No tenemos Estrella. ¿Damm? ¿Heineken?

Mejor un blanco. ¿Tendrá un godello?

El cliente mira el periódico mientras le sirven el vino. Algo después, el camarero se vuelve a acercar y dice:

– Ahora le voy a poner unas lentejas.

Marcha para la cocina y mientras el cliente observa. En el otro extremo de la barra vasos y tazas del café sin recoger y en el mueble de la pared varios montones de papeles que aparentan facturas y cosas semejantes. La sensación de desorden se incrementa a causa de la pila de botes de Coca Cola y Aquarius en el suelo junto a la puerta de la cocina.

– Ojo con la cazuelita que quema. Dice el camarero que pone en la barra una abundante tapa de lentejas.

El cliente olvida el desorden del local y regresa al periódico. Y cuando piensa que las lentejas enfriaron toma una cucharadita y se quema la lengua con ellas.

– La cazuela estaría caliente, pero las lentejas hervían, piensa.

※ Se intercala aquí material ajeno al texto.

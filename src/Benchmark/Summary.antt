-- ===== src/Benchmark/Summary.antt =====
-- `summarize` of src/bin/opus_benchmark.rs: the totals of an engine's results. Times are in nanoseconds
-- and not bounded; sizes are 64-bit numbers that wrap around, as in a build without overflow checks.
pub mod Totals
use media_api.Base.{
  usize_mod, ℕ, suc, ◌+◌, ◌%◌, ◌^◌, Bool, true, false, ◌&&◌, Option, none, some, List, [], ◌∷◌,
  Bytes, length, if◌then◌else◌, is_empty, max, ◌==◌,
}
use media_api.Base.Integers.{pos}
use media_api.Benchmark.Quality.{Floats, Quality}
use media_api.Benchmark.Engine.{SoundkitOpus, LibopusRust, EngineResult}

abbrev pub is_none {ℓ} : {A : Type ℓ} → Option A → Bool
is_none none = true
is_none (some x) = false

module _ (fl : Floats) (soundkit : SoundkitOpus) (libopus : LibopusRust) where
  open fl use {F64}

  pub record Sums : Type 0 where
    pub total_encode : ℕ
    pub total_decode : ℕ
    pub total_encoded : ℕ
    pub total_decoded : ℕ
    pub good : ℕ
    pub snr_sum : F64
    pub mae_sum : F64
    pub rms_sum : F64

  abbrev pub no_results : Sums
  no_results = record {
    total_encode = 0;
    total_decode = 0;
    total_encoded = 0;
    total_decoded = 0;
    good = 0;
    snr_sum = fl.zero_f64;
    mae_sum = fl.zero_f64;
    rms_sum = fl.zero_f64;
  }

  abbrev pub add_quality : Option (Quality fl) → Sums → Sums
  add_quality none s = s
  add_quality (some q) s = record s {
    snr_sum = fl.add s.snr_sum q.snr_db;
    mae_sum = fl.add s.mae_sum q.mae;
    rms_sum = fl.add s.rms_sum q.rms_error;
  }

  abbrev pub succeeded : EngineResult fl soundkit libopus → Bool
  succeeded r = is_none r.encode_error && is_none r.decode_error

  abbrev pub add_sizes : EngineResult fl soundkit libopus → Sums → Sums
  add_sizes r s = record s {
    good = suc s.good;
    total_encode = s.total_encode + r.encode_time;
    total_decode = s.total_decode + r.decode_time;
    total_encoded = (s.total_encoded + r.encoded_bytes) % usize_mod;
    total_decoded = (s.total_decoded + r.decoded_bytes) % usize_mod;
  }

  unfoldable pub add_result : EngineResult fl soundkit libopus → Sums → Sums
  add_result r s = if succeeded r then add_quality r.quality (add_sizes r s) else s

  unfoldable pub sum_results : List (EngineResult fl soundkit libopus) → Sums → Sums
  unfolding add_result
  sum_results [] s = s
  sum_results (r ∷ rs) s = sum_results rs (add_result r s)

  -- The numbers that are printed.
  pub record Figures : Type 0 where
    pub sums : Sums
    pub runs : ℕ
    pub audio_seconds : F64
    pub enc_rtf : F64
    pub dec_rtf : F64
    pub avg_snr : F64
    pub avg_mae : F64
    pub avg_rms : F64
    pub compression_ratio : F64

  pub data Summary : Type 0 where
    nothing : Summary
    no_successful_runs : Bytes → Summary
    summary : Bytes → Figures → Summary

  abbrev pub rtf : F64 → F64 → F64
  rtf audio_seconds secs = if fl.is_positive secs then fl.div audio_seconds secs else fl.zero_f64

  abbrev figures : Sums → ℕ → F64 → ℕ → Figures
  figures s runs audio_source_secs source_bytes =
      let n = fl.of_int (pos s.good) in
      record {
        sums = s;
        runs = runs;
        audio_seconds = audio_source_secs;
        enc_rtf = rtf audio_source_secs (fl.secs s.total_encode);
        dec_rtf = rtf audio_source_secs (fl.secs s.total_decode);
        avg_snr = fl.div s.snr_sum n;
        avg_mae = fl.div s.mae_sum n;
        avg_rms = fl.div s.rms_sum n;
        compression_ratio =
            fl.div (fl.of_int (pos source_bytes)) (fl.of_int (pos (max s.total_encoded 1)));
      }

  unfoldable pub summarize : List (EngineResult fl soundkit libopus) → F64 → ℕ → Bytes → Summary
  unfolding sum_results
  summarize results audio_source_secs source_bytes label =
      let s = sum_results results no_results in
      if is_empty results
      then nothing
      else if s.good == 0
      then no_successful_runs label
      else summary label (figures s (length results) audio_source_secs source_bytes)
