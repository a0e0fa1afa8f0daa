-- ===== src/Benchmark/Main.antt =====
-- `main` of src/bin/opus_benchmark.rs behind its arguments: every source track through both engines. The
-- paths are those of `discover_mp3_tracks`, `decode` is `decode_source_track` of a path, and `clock` gives
-- the two times of each run.
pub mod Runs
pub mod Results
use media_api.Base.{
  usize_mod, ℕ, zero, suc, ◌+◌, ◌*◌, ◌%◌, Bool, true, false, Option, none, some, List, [], ◌∷◌,
  ◌++◌, Bytes, length, Result, ok, err, if◌then◌else◌, is_empty,
}
use media_api.Base.Integers.{pos}
use media_api.Benchmark.Args.{Config}
use media_api.Benchmark.Packets.{Failure, panicked}
use media_api.Benchmark.Quality.{Floats}
use media_api.Benchmark.Source.{SourceTrack, TrackError}
use media_api.Benchmark.Engine.{
  SoundkitOpus, LibopusRust, Backend, sound_kit, lib_opus_rust, label, EngineResult, Run, Row,
  run_engine, print_row, audio_secs_of,
}
use media_api.Benchmark.Summary.{Summary, summarize}

-- Tracks that cannot be decoded are reported and skipped.
unfoldable pub source_tracks :
    (Bytes → Result SourceTrack TrackError) → List Bytes → List SourceTrack
source_tracks decode [] = []
source_tracks decode (path ∷ paths) =
    let rest = source_tracks decode paths in
    elim (decode path) [ ok track ↦ track ∷ rest | err e ↦ rest ]

abbrev pub is_sound_kit : Backend → Bool
is_sound_kit sound_kit = true
is_sound_kit lib_opus_rust = false

abbrev pub is_lib_opus_rust : Backend → Bool
is_lib_opus_rust sound_kit = false
is_lib_opus_rust lib_opus_rust = true

unfoldable pub source_bytes : List SourceTrack → ℕ → ℕ
source_bytes [] total = total
source_bytes (t ∷ ts) total = source_bytes ts ((total + length t.pcm * 2) % usize_mod)

module _ (fl : Floats) (soundkit : SoundkitOpus) (libopus : LibopusRust) where
  abbrev Res : Type 0
  Res = EngineResult fl soundkit libopus

  unfoldable pub source_secs : Config → List SourceTrack → fl.F64 → fl.F64
  source_secs config [] total = total
  source_secs config (t ∷ ts) total =
      source_secs config ts (fl.add total (audio_secs_of fl soundkit libopus config t.pcm))

  -- A result whose line is printed; a line that cannot be is a panic.
  pub on_row : Res → Option (Row fl soundkit libopus) → Result Res Failure
  on_row r none = err panicked
  on_row r (some row) = ok r

  pub printed : Result Res Failure → Result Res Failure
  unfolding on_row
  printed (err e) = err e
  printed (ok r) = on_row r (print_row fl soundkit libopus r)

  -- `run_engine` and `print_row` of one track.
  unfoldable pub run_track :
      Bool → Config → (Backend → ℕ → ℕ × ℕ) → Backend → ℕ → SourceTrack → Result Res Failure
  unfolding printed
  run_track checks config clock backend number track =
      let times = clock backend number in
      printed (
        run_engine fl soundkit libopus (record {
          checks = checks;
          backend = backend;
          track = track;
          config = config;
          encode_time = times.0;
          decode_time = times.1;
        }))

  -- The rest of a loop behind one track, and what both give.
  pub and_more : Result Res Failure → Result (List Res) Failure → Result (List Res) Failure
  and_more (err e) rest = err e
  and_more (ok r) (err e) = err e
  and_more (ok r) (ok rs) = ok (r ∷ rs)

  unfoldable pub run_tracks :
      Bool
      → Config
      → (Backend → ℕ → ℕ × ℕ)
      → Backend
      → ℕ
      → List SourceTrack
      → Result (List Res) Failure
  unfolding and_more
  run_tracks checks config clock backend number [] = ok []
  run_tracks checks config clock backend number (track ∷ tracks) =
      and_more (run_track checks config clock backend number track)
        (run_tracks checks config clock backend (suc number) tracks)

  pub join_results :
      Result (List Res) Failure → Result (List Res) Failure → Result (List Res) Failure
  join_results (err e) rest = err e
  join_results (ok rs) (err e) = err e
  join_results (ok rs) (ok ls) = ok (rs ++ ls)

  -- Both engines in turn.
  unfoldable pub all_results :
      Bool → Config → (Backend → ℕ → ℕ × ℕ) → List SourceTrack → Result (List Res) Failure
  unfolding join_results run_tracks
  all_results checks config clock tracks =
      join_results (run_tracks checks config clock sound_kit 0 tracks)
        (run_tracks checks config clock lib_opus_rust 0 tracks)

  -- `filter(|result| matches!(result.backend, …))`
  unfoldable pub results_by : (Backend → Bool) → List Res → List Res
  results_by is_wanted [] = []
  results_by is_wanted (r ∷ rs) =
      let rest = results_by is_wanted rs in if is_wanted r.backend then r ∷ rest else rest

  pub data Outcome : Type 0 where
    no_tracks : Outcome
    no_source_tracks : Outcome
    panics : Failure → Outcome
    summaries : Summary fl soundkit libopus → Summary fl soundkit libopus → Outcome

  abbrev pub summary_by :
      (Backend → Bool)
      → Backend
      → Config
      → List SourceTrack
      → List Res
      → Summary fl soundkit libopus
  summary_by is_wanted backend config tracks results =
      summarize fl soundkit libopus (results_by is_wanted results)
        (source_secs config tracks fl.zero_f64) (source_bytes tracks 0) (label backend)

  pub on_results : Config → List SourceTrack → Result (List Res) Failure → Outcome
  unfolding results_by source_secs source_bytes
  on_results config tracks (err e) = panics e
  on_results config tracks (ok results) =
      summaries (summary_by is_sound_kit sound_kit config tracks results)
        (summary_by is_lib_opus_rust lib_opus_rust config tracks results)

  unfoldable pub main :
      Bool
      → Config
      → (Backend → ℕ → ℕ × ℕ)
      → (Bytes → Result SourceTrack TrackError)
      → List Bytes
      → Outcome
  unfolding source_tracks on_results all_results
  main checks config clock decode paths =
      let tracks = source_tracks decode paths in
      if is_empty paths
      then no_tracks
      else if is_empty tracks
      then no_source_tracks
      else on_results config tracks (all_results checks config clock tracks)
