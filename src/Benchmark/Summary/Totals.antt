-- ===== src/Benchmark/Summary/Totals.antt =====
-- The sums of `summarize`, against the results that succeeded.
use media_api.Base.{
  usize_mod, ℕ, ◌+◌, ◌%◌, ◌≡◌, ◌≢◌, ◌<◌, ◌==◌, refl, Bytes, List, [], ◌∷◌, length, if◌then◌else◌,
  arith, Bool-cases, inl, inr, Option, none, some,
}
use media_api.Benchmark.Quality.{Floats, Quality}
use media_api.Benchmark.Engine.{SoundkitOpus, LibopusRust, EngineResult}
use media_api.Benchmark.Summary.{
  Summary, nothing, no_successful_runs, summary, summarize, no_results, Sums, add_quality,
  add_sizes, succeeded, add_result, sum_results,
}

module _ (fl : Floats) (soundkit : SoundkitOpus) (libopus : LibopusRust) where
  abbrev pub successes :
      List (EngineResult fl soundkit libopus) → List (EngineResult fl soundkit libopus)
  successes [] = []
  successes (r ∷ rs) = if succeeded fl soundkit libopus r then r ∷ successes rs else successes rs

  abbrev sum_of :
      (EngineResult fl soundkit libopus → ℕ) → List (EngineResult fl soundkit libopus) → ℕ
  sum_of f [] = 0
  sum_of f (r ∷ rs) = f r + sum_of f rs

  -- The sums of some results, on top of others.
  pub record Totals (s : Sums fl soundkit libopus) (rs : List (EngineResult fl soundkit libopus))
      (t : Sums fl soundkit libopus) : Type 0 where
    pub good : t.good ≡ s.good + length rs
    pub encode_time : t.total_encode ≡ s.total_encode + sum_of (λ r. r.encode_time) rs
    pub decode_time : t.total_decode ≡ s.total_decode + sum_of (λ r. r.decode_time) rs
    pub encoded :
        t.total_encoded % usize_mod
        ≡ (s.total_encoded + sum_of (λ r. r.encoded_bytes) rs) % usize_mod
    pub decoded :
        t.total_decoded % usize_mod
        ≡ (s.total_decoded + sum_of (λ r. r.decoded_bytes) rs) % usize_mod

  add_quality-Totals :
      (q : Option (Quality fl)) (s : Sums fl soundkit libopus)
      (rs : List (EngineResult fl soundkit libopus)) (t : Sums fl soundkit libopus)
      → Totals (add_quality fl soundkit libopus q s) rs t
      → Totals s rs t
  add_quality-Totals none s rs t h = h
  add_quality-Totals (some q) s rs t h = record {
    good = h.good;
    encode_time = h.encode_time;
    decode_time = h.decode_time;
    encoded = h.encoded;
    decoded = h.decoded;
  }

  add_sizes-Totals :
      (r : EngineResult fl soundkit libopus) (s : Sums fl soundkit libopus)
      (rs : List (EngineResult fl soundkit libopus)) (t : Sums fl soundkit libopus)
      → Totals (add_sizes fl soundkit libopus r s) rs t
      → Totals s (r ∷ rs) t
  add_sizes-Totals r s rs t h = record {
    good = omega (arith, h.good);
    encode_time = omega (arith, h.encode_time);
    decode_time = omega (arith, h.decode_time);
    encoded = omega (arith, h.encoded);
    decoded = omega (arith, h.decoded);
  }

  pub sum_results-Totals :
      (rs : List (EngineResult fl soundkit libopus)) (s : Sums fl soundkit libopus)
      → Totals s (successes rs) (sum_results fl soundkit libopus rs s)
  unfolding sum_results add_result
  sum_results-Totals [] s = record {
    good = omega arith;
    encode_time = omega arith;
    decode_time = omega arith;
    encoded = omega arith;
    decoded = omega arith;
  }
  sum_results-Totals (r ∷ rs) s = elim (Bool-cases (succeeded fl soundkit libopus r)) [
    | inl e ↦ rw e (
        add_sizes-Totals r s (successes rs) _ (
          add_quality-Totals r.quality (add_sizes fl soundkit libopus r s) (successes rs) _
            (sum_results-Totals rs _)))
    | inr e ↦ rw e (sum_results-Totals rs s)
  ]

  -- What a summary prints of an engine's results.
  abbrev pub Prints :
      List (EngineResult fl soundkit libopus) → Bytes → Summary fl soundkit libopus → Type 0
  Prints rs label nothing = rs ≡ []
  Prints rs label (no_successful_runs l) = (l ≡ label) × (rs ≢ []) × (successes rs ≡ [])
  Prints rs label (summary l f) =
      (l ≡ label)
      × (0 < length (successes rs))
      × (f.runs ≡ length rs)
      × Totals (no_results fl soundkit libopus) (successes rs) f.sums

  empty_of_length : (rs : List (EngineResult fl soundkit libopus)) → length rs ≡ 0 → rs ≡ []
  empty_of_length [] e = refl
  empty_of_length (r ∷ rs) e = absurd (omega arith)

  pub summarize-Prints :
      (rs : List (EngineResult fl soundkit libopus)) (audio_source_secs : fl.F64) (source_bytes : ℕ)
      (label : Bytes)
      → Prints rs label (summarize fl soundkit libopus rs audio_source_secs source_bytes label)
  unfolding summarize
  summarize-Prints [] audio_source_secs source_bytes label = refl
  summarize-Prints (r ∷ rs) audio_source_secs source_bytes label =
      let zero_sums = no_results fl soundkit libopus in
      let sums = sum_results fl soundkit libopus (r ∷ rs) zero_sums in
      let totals = sum_results-Totals (r ∷ rs) zero_sums in
      elim (Bool-cases (sums.good == 0)) [
        | inl e ↦
            rw e (
              refl,
              (λ q. cc),
              empty_of_length (successes (r ∷ rs)) (ground (arith, totals.good, e)),
            )
        | inr e ↦ rw e (refl, ground (arith, totals.good, e), refl, totals)
      ]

Pasan los minutos, termina el vino y paga 2 euros por el mismo. Más de la mitad de las lentejas quedan en la cazuela a causa de una temperatura excesiva.

Baja el telón.

Pues todo esto me aconteció a mí en Compostela, en un local cuyo nombre callo de momento.

Pero, ¿qué es peor, no tener Estrella en Galicia, cuando es la cerveza que los gallegos demandan en una mayoría abrumadora, o servir las lentejas calientes como plomo fundido?.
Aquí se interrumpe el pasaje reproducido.